Private Counselling A Reasonable Adjustment For Employee Suffering From Work-Related Stress

In Croft Vets Ltd and Ors v Butcher an employer breached its duty to make reasonable adjustments under the Equality Act 2010 by not paying for an employee who was suffering from work-related stress and depression to have private counselling.

In Croft Vets Ltd and Ors v Butcher an employer breached its duty to make reasonable adjustments under the Equality Act 2010 by not paying for an employee who was suffering from work-related stress and depression to have private counselling.

Mrs Butcher was employed as a finance and reception manager at Crofts Vets – an extremely demanding role. Finding it increasingly difficult to cope, Mrs Butcher went off sick and was subsequently diagnosed with long-term work-related stress and “classical depression” (conditions which constituted a “disability” for the purposes of the Equality Act 2010).

Crofts Vets referred Mrs Butcher to a clinical psychiatrist, who made the recommendation that she attend psychiatric sessions and counselling.

In November 2010, Mrs Butcher resigned from her employment when her employers failed to act on the recommendations made by the clinical psychiatrist.  Further, she claimed that her intolerable workload had caused her stress and depression.

The Employment Appeals Tribunal (EAT) held that Croft Vets had failed in its duty to make reasonable adjustments. The purpose of a reasonable adjustment is to avoid any disadvantage that a disabled employee suffers (when compared with a non-disabled employee) as a result of any provision, criteria or practice (PCP) applied by the employer. In this case, the PCP was simply for Mrs Butcher to attend work and perform her role. However, due to her mental impairment, Mrs Butcher was unable meet this PCP and was placed at a disadvantage when compared with other employees not suffering from depression.
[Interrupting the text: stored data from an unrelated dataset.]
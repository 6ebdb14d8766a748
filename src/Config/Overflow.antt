-- ===== src/Config/Overflow.antt =====
-- Lines that do not fit the buffers of `rmt_config_init` in common/rmt_config.c.
use mathlib.Core.List.{append_assoc}
use rmt_library.Common.{
  ℕ, zero, suc, ◌<◌, ◌≤◌, ◌≡◌, refl, ap, false, none, some, List, [], ◌∷◌, ◌++◌, Bytes, length,
  length-append, arith, All, ◌∙◌, Option-cases, inl, inr,
}
use rmt_library.Strings.{cut, Free}
use rmt_library.Strings.Tokens.{cut-Free, Free-append}
use rmt_library.Config.{Config, is_skipped, read_line, read_lines, read_file}
use rmt_library.Config.Scan.{scan_line-key_long}
use rmt_library.Config.Render.{
  Line, IsLine, body, render, assign, assign_all, body_fits, read_line-body, read_lines-line,
}

-- The loop comes to what stands behind some lines, with fuel for it.
read_lines-behind :
    (fuel : ℕ) (lines : List Line) (tail : Bytes) (c c' : Config)
    → All IsLine lines
    → assign_all lines c ≡ some c'
    → length (render lines ++ tail) ≤ fuel
    → (f : ℕ) × (length tail ≤ f)
      × (read_lines fuel (render lines ++ tail) c ≡ read_lines f tail c')
read_lines-behind fuel [] tail c c' h e k =
    (fuel, k, ap (λ d. read_lines fuel tail d) (ground (arith, e)))
read_lines-behind zero (l ∷ lines) tail c c' h e k = absurd (
    omega (
      arith,
      length-append (body l ++ (10 ∷ render lines)) tail,
      length-append (body l) (10 ∷ render lines),
    ))
read_lines-behind (suc fuel) (l ∷ lines) tail c c' h e k =
    let (free, fits) = body_fits l h.0 in
    let shape : render (l ∷ lines) ++ tail ≡ body l ++ (10 ∷ (render lines ++ tail)) =
      append_assoc (body l) (10 ∷ render lines) tail in
    elim (Option-cases (assign l c)) [
      | inl bad ↦ absurd (ground (arith, e, bad))
      | inr (d, good) ↦
          let (f, enough, rest) =
            read_lines-behind fuel lines tail d c' h.1 (ground (arith, e, good)) (
              omega (
                arith,
                k,
                ap (λ (b : Bytes). length b) shape,
                length-append (body l) (10 ∷ (render lines ++ tail)),
              )) in
          (
            f,
            enough,
            rw shape (
                read_lines-line fuel (body l) (render lines ++ tail) c free fits
                ∙ rw (read_line-body l c h.0, good) rest),
          )
    ]

read_line-long :
    (text : Bytes) (c : Config)
    → Free 0 text
    → is_skipped text ≡ false
    → 128 ≤ length (cut b':' text).0
    → read_line text c ≡ none
unfolding read_line
read_line-long text c z k long = rw (cut-Free 0 text z) (rw (k, scan_line-key_long text long) refl)

-- A line that is no comment and has 128 bytes or more in front of its first colon (or in all, with its newline, if
-- it has none) is written behind `key`, if the lines in front of it are read, fit and can be
-- stored: the start of the program faults.
pub read_file-key_long :
    (lines : List Line) (text rest : Bytes) (c c' : Config)
    → All IsLine lines
    → assign_all lines c ≡ some c'
    → Free 10 text
    → Free 0 text
    → is_skipped (text ++ (10 ∷ [])) ≡ false
    → length text < 1023
    → 128 ≤ length (cut b':' (text ++ (10 ∷ []))).0
    → read_file (render lines ++ (text ++ (10 ∷ rest))) c ≡ none
read_file-key_long lines text rest c c' h e n z k fits long =
    let tail = text ++ (10 ∷ rest) in
    let (f, enough, reached) =
      read_lines-behind (length (render lines ++ tail)) lines tail c c' h e (omega arith) in
    reached ∙ faults f enough
  where
    faults :
        (f : ℕ) → length (text ++ (10 ∷ rest)) ≤ f → read_lines f (text ++ (10 ∷ rest)) c' ≡ none
    faults zero enough = absurd (omega (arith, length-append text (10 ∷ rest)))
    faults (suc f) enough =
        read_lines-line f text rest c' n fits
        ∙ rw
            (read_line-long (text ++ (10 ∷ [])) c' (Free-append 0 text (10 ∷ []) z (refl, tt)) k
              long)
            refl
The EAT held that funding private counselling fell within the definition of a reasonable adjustment. The purpose of the adjustment was to enable Mrs Butcher to return to work and deal with the demands of her role. Further, the adjustment was “job-related” as medical evidence had suggested that Mrs Butcher was suffering from predominantly work-related stress. It was emphasised that the issue in the case was not that of the payment for private medical treatment in general, but, rather, payment for a specific form of support to enable Mrs Butcher to return to work.

The case reminds employers of the importance of carefully considering the recommendations of medical practitioners in making reasonable adjustments to support a disabled employee at work, or in a return to work.

Whilst paying for an employee’s private medical treatment does seem an onerous burden, employers should be reminded that, when making reasonable adjustments, what is “reasonable” will of course depend on the size and resources of the employer. Paying for an employee’s private medical treatment may well assist an employee in returning and coping at work, however an employer will only be expected to fund what is “reasonable” in the circumstances.